The  liability  is  absolute  and unconditional. The fact that the Company in liquidation i.e. the Principal  debtor has  gone into  liquidation also would not have  any effect  on the  liability of the Bank i.e. the guarantor. Under section 128 of the Indian Contract Act, the liability of  the surety  is co-extensive  with that  of the principal debtor  unless it  is otherwise  provided  by  the contract. A  surety is no doubt discharged under section 134 of the  Indian Contract  Act by  any  contract  between  the creditor and  the principal  debtor by  which the  principal debtor is  released  or  by  any  act  or  omission  of  the creditor, the legal consequence of which is the discharge of the principal  debtor. But  a discharge  which the principal debtor may  secure by  operation of law in bankruptcy (or in liquidation proceedings  in the  case of a company) does not absolve the surety of his liability (See Jagannath Ganeshram Aggarwala v. Shivnarayan Bhagirath & Ors.(1). See also In re Fitzgeorge Ex  parte Robson(2).  In view  of the unequivocal language of  the letter  of guarantee,  no reliance  can  be placed by the Company in liquidation on the decision of this Court in Punjab National Bank Limited v. Bikram Cotton Mills & Anr.(3) in which the surety’s liability was limited to the ‘ultimate balance’  found due  from the principal debtor and the  said  balance  had  not  been  ascertained  before  the institution of the suit. 568 The facts of this case are distinguishable from the facts in the case  before us.
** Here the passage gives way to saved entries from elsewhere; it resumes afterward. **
-- ===== src/ClientPort/History.antt =====
-- Guards over time: which entries the map holds after any sequence of guard constructions and
-- destructions, on any threads.
use twincat_ads.Base.Int.{ℤ, pos, pred_ℤ, is_positive}
use twincat_ads.Base.Map.{find, insert, find-erase}
use twincat_ads.Base.{
  ℕ, zero, suc, ◌-◌, ◌≡◌, inl, inr, false, List, [], ◌∷◌, Option, none, some, arith, ◌==◌,
  if◌then◌else◌, Option-cases, Bool-cases,
}
use twincat_ads.ClientPort.{
  AmsClientPortEntry, PortMap, PortApi, is_invalid_port_number, open_for, add_ads_client_port,
  release_entry, del_ads_client_port,
}
use twincat_ads.ClientPort.Owned.{
  PortContract, IsOwned, insert-IsOwned, update-IsOwned, erase-IsOwned,
}
use twincat_ads.ClientPort.Laws.{find-update, add-held, add-absent, del-absent, del-held}

-- `AdsClientPortGuard` constructed and destroyed on a thread.
pub data GuardEvent : Type 0 where
  construct destroy : ℕ → GuardEvent

-- `held` counts, for each thread, the live guards that were given a port. A guard that was given none
-- was constructed when its thread had no entry; the guards of a thread are scoped, so it is destroyed
-- when those constructed after it are gone, and the thread has again no entry.
pub record Guarded (W : Type 0) : Type 0 where
  pub ports : PortMap
  pub world : W
  pub held : ℕ → ℕ

abbrev at : (ℕ → ℕ) → ℕ → ℕ → ℕ → ℕ
at held t n u = if t == u then n else held u

-- The entry of a thread with `n` such guards.
abbrev pub Entry : ℕ → Option AmsClientPortEntry → Type 0
Entry zero none = Unit {0}
Entry zero (some e) = ⊥
Entry (suc n) none = ⊥
Entry (suc n) (some e) = (is_invalid_port_number e.port ≡ false) × (e.live_count ≡ pos (suc n))

pub record IsCounted {W : Type 0} (s : Guarded W) : Type 0 where
  pub entries : (t : ℕ) → Entry (s.held t) (find t s.ports)

module _ {W : Type 0} (api : PortApi W) where
  open api use {ads_port_open_ex, ads_port_close_ex}

  pub step : Guarded W → GuardEvent → Guarded W
  step s (construct t) =
      let (p, m, w) = add_ads_client_port api t s.ports s.world in
      record {
        ports = m;
        world = w;
        held = if is_invalid_port_number p then s.held else at s.held t (suc (s.held t));
      }
  step s (destroy t) =
      let (r, m, w) = del_ads_client_port api t s.ports s.world in
      record { ports = m; world = w; held = at s.held t (s.held t - 1) }

  pub run : Guarded W → List GuardEvent → Guarded W
  run s [] = s
  run s (e ∷ es) = run (step s e) es

  -- What a run of the guards keeps.
  pub record IsGuarded (Open : ℤ → W → Type 0) (s : Guarded W) : Type 0 where
    pub counted : IsCounted s
    pub owned : IsOwned api Open s.ports s.world

  opened :
      (s : Guarded W) (t u : ℕ) (p : ℤ) (w : W)
      → IsCounted s
      → find t s.ports ≡ none
      → let (q, m, w') = open_for api t s.ports (p, w) in
        Entry
          ((if is_invalid_port_number q then s.held else at s.held t (suc (s.held t))) u)
          (find u m)
  unfolding open_for find insert
  opened s t u p w c h = ground (arith, c.entries u, c.entries t)

  construct-IsCounted : (s : Guarded W) (t : ℕ) → IsCounted s → IsCounted (step s (construct t))
  unfolding step
  construct-IsCounted s t c = record {
    entries = λ u. elim (Option-cases (find t s.ports)) [
      | inl h ↦
          rw (add-absent api t s.ports s.world h)
            (opened s t u (ads_port_open_ex s.world).0 (ads_port_open_ex s.world).1 c h)
      | inr (e, h) ↦
          rw (add-held api t s.ports s.world e h, find-update t u _ e s.ports h)
            (ground (arith, c.entries u, c.entries t, h))
    ];
  }

  module _ {Open : ℤ → W → Type 0} (contract : PortContract api Open) where
    construct-IsOwned :
        (s : Guarded W) (t : ℕ)
        → IsOwned api Open s.ports s.world
        → IsOwned api Open (step s (construct t)).ports (step s (construct t)).world
    unfolding step open_for
    construct-IsOwned s t o = elim (Option-cases (find t s.ports)) [
      | inl h ↦
          rw (add-absent api t s.ports s.world h)
            (elim (Bool-cases (is_invalid_port_number (ads_port_open_ex s.world).0)) [
              | inl bad ↦ rw bad (record {
                is_open = λ u f at. contract.open_kept f.port s.world (o.is_open u f at);
                distinct = o.distinct;
              })
              | inr valid ↦ rw valid (insert-IsOwned api contract t s.ports s.world valid o)
            ])
      | inr (e, h) ↦
          rw (add-held api t s.ports s.world e h)
            (update-IsOwned api contract t _ e s.ports s.world h o)
    ]

    released :
        (s : Guarded W) (t u : ℕ) (e : AmsClientPortEntry)
        → IsGuarded Open s
        → find t s.ports ≡ some e
        → Entry (at s.held t (s.held t - 1) u) (
            find u
              (release_entry api t s.ports
                (record e { live_count = pred_ℤ e.live_count })
                s.world).1)
    unfolding release_entry
    released s t u e g h = ground (
      arith,
      g.counted.entries u,
      g.counted.entries t,
      contract.closes e.port s.world (g.owned.is_open t e h),
      find-erase t u s.ports,
      find-update t u (record e { live_count = pred_ℤ e.live_count }) e s.ports h,
    )

    released-IsOwned :
        (s : Guarded W) (t : ℕ) (e : AmsClientPortEntry)
        → IsOwned api Open s.ports s.world
        → find t s.ports ≡ some e
        → let r =
            release_entry api t s.ports (record e { live_count = pred_ℤ e.live_count }) s.world in
          IsOwned api Open r.1 r.2
    unfolding release_entry
    released-IsOwned s t e o h = elim (Bool-cases (is_positive (pred_ℤ e.live_count))) [
      | inl held ↦ rw held (update-IsOwned api contract t _ e s.ports s.world h o)
      | inr last ↦
          rw (last, contract.closes e.port s.world (o.is_open t e h))
            (erase-IsOwned api contract t e s.ports s.world h o)
    ]

    destroy-IsGuarded :
        (s : Guarded W) (t : ℕ) → IsGuarded Open s → IsGuarded Open (step s (destroy t))
    unfolding step
    destroy-IsGuarded s t g = elim (Option-cases (find t s.ports)) [
      | inl h ↦ record {
        counted = record {
          entries = λ u.
              rw (del-absent api t s.ports s.world h)
                (ground (arith, g.counted.entries u, g.counted.entries t, h));
        };
        owned = rw (del-absent api t s.ports s.world h) g.owned;
      }
      | inr (e, h) ↦ record {
        counted = record {
          entries = λ u. rw (del-held api t s.ports s.world e h) (released s t u e g h);
        };
        owned = rw (del-held api t s.ports s.world e h) (released-IsOwned s t e g.owned h);
      }
    ]

    run-IsGuarded :
        (es : List GuardEvent) (s : Guarded W) → IsGuarded Open s → IsGuarded Open (run s es)
    unfolding run
    run-IsGuarded [] s g = g
    run-IsGuarded (construct t ∷ es) s g = run-IsGuarded es (step s (construct t)) (record {
      counted = construct-IsCounted s t g.counted;
      owned = construct-IsOwned s t g.owned;
    })
    run-IsGuarded (destroy t ∷ es) s g =
        run-IsGuarded es (step s (destroy t)) (destroy-IsGuarded s t g)

  -- No thread has a port yet.
  abbrev pub idle : W → Guarded W
  idle w = record { ports = []; world = w; held = λ _. 0 }

  -- Where AdsLib's ports behave as documented: after any sequence of constructions of guards and
  -- destructions of scoped guards on any threads, from an empty map on and with any results of opening
  -- ports, a thread has an entry exactly when a live guard of it was given a port; the entry's live count
  -- is the number of those guards, its port number is valid, the port is open, and no other thread has it.
  pub run-idle-IsGuarded :
      {Open : ℤ → W → Type 0}
      → PortContract api Open
      → (es : List GuardEvent) (w : W) → IsGuarded Open (run (idle w) es)
  unfolding find
  run-idle-IsGuarded contract es w = run-IsGuarded contract es (idle w) (record {
    counted = record { entries = λ t. tt };
    owned = record {
      is_open = λ t e h. absurd (ground (arith, h));
      distinct = λ t u e f h h' same. absurd (ground (arith, h));
    };
  })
As mentioned  earlier the liability of the Bank  to pay  the amount  as per the letter of guarantee did not  depend upon  prior proof of any default on the part of the  Company in  liquidation. Whether  the whole  of  Rs. 50,000 should  be demanded  or  any  lesser  sum  should  be demanded from the Bank was entirely within the choice of the Electricity Board.  The Bank  has,  therefore,  to  pay  the amount due  under the letter of guarantee given by it to the Electricity Board. On such payment it is open to the Bank to have recourse  to the  securities given  by the  Company  in liquidation for  the purpose  of the  issue of the letter of guarantee. The  Electricity Board is not concerned with what the Bank  does in  order to  reimburse itself  after  making payment  of   the  amount   guaranteed  by  it.  It  is  the responsibility of  the Bank to deal with the securities held by it  in accordance  with law. It was not, however, open to the Company  Judge to make any order under the Companies Act prohibiting the  Electricity Board from realising the amount guaranteed by  the Bank  as this  had nothing to do with the assets of  the Company  in liquidation.  The  order  of  the Company Judge  and the  Judgment of  the Division  Bench  in appeal are,  therefore, liable  to be  set aside be and they are accordingly set aside. Before concluding this judgment, we place on record the submission made  on behalf  of the Electricity Board that it is open  to the  Company in  liquidation to prefer any claim arising  out   of  the   supply  contracts  as  against  the Electricity Board.  It is also open to the Electricity Board to claim any sum that may be due to it under such contracts. In considering  the above  mutual rights  and liabilities of the Electricity Board and the Company in liquidation the sum to be  received by the Electricity Board from the Bank under the  letter   of  guarantee  will  have  to  be  taken  into consideration and dealt with in accordance with the terms of the supply contracts. The appeal is accordingly allowed. No costs. P.B.R.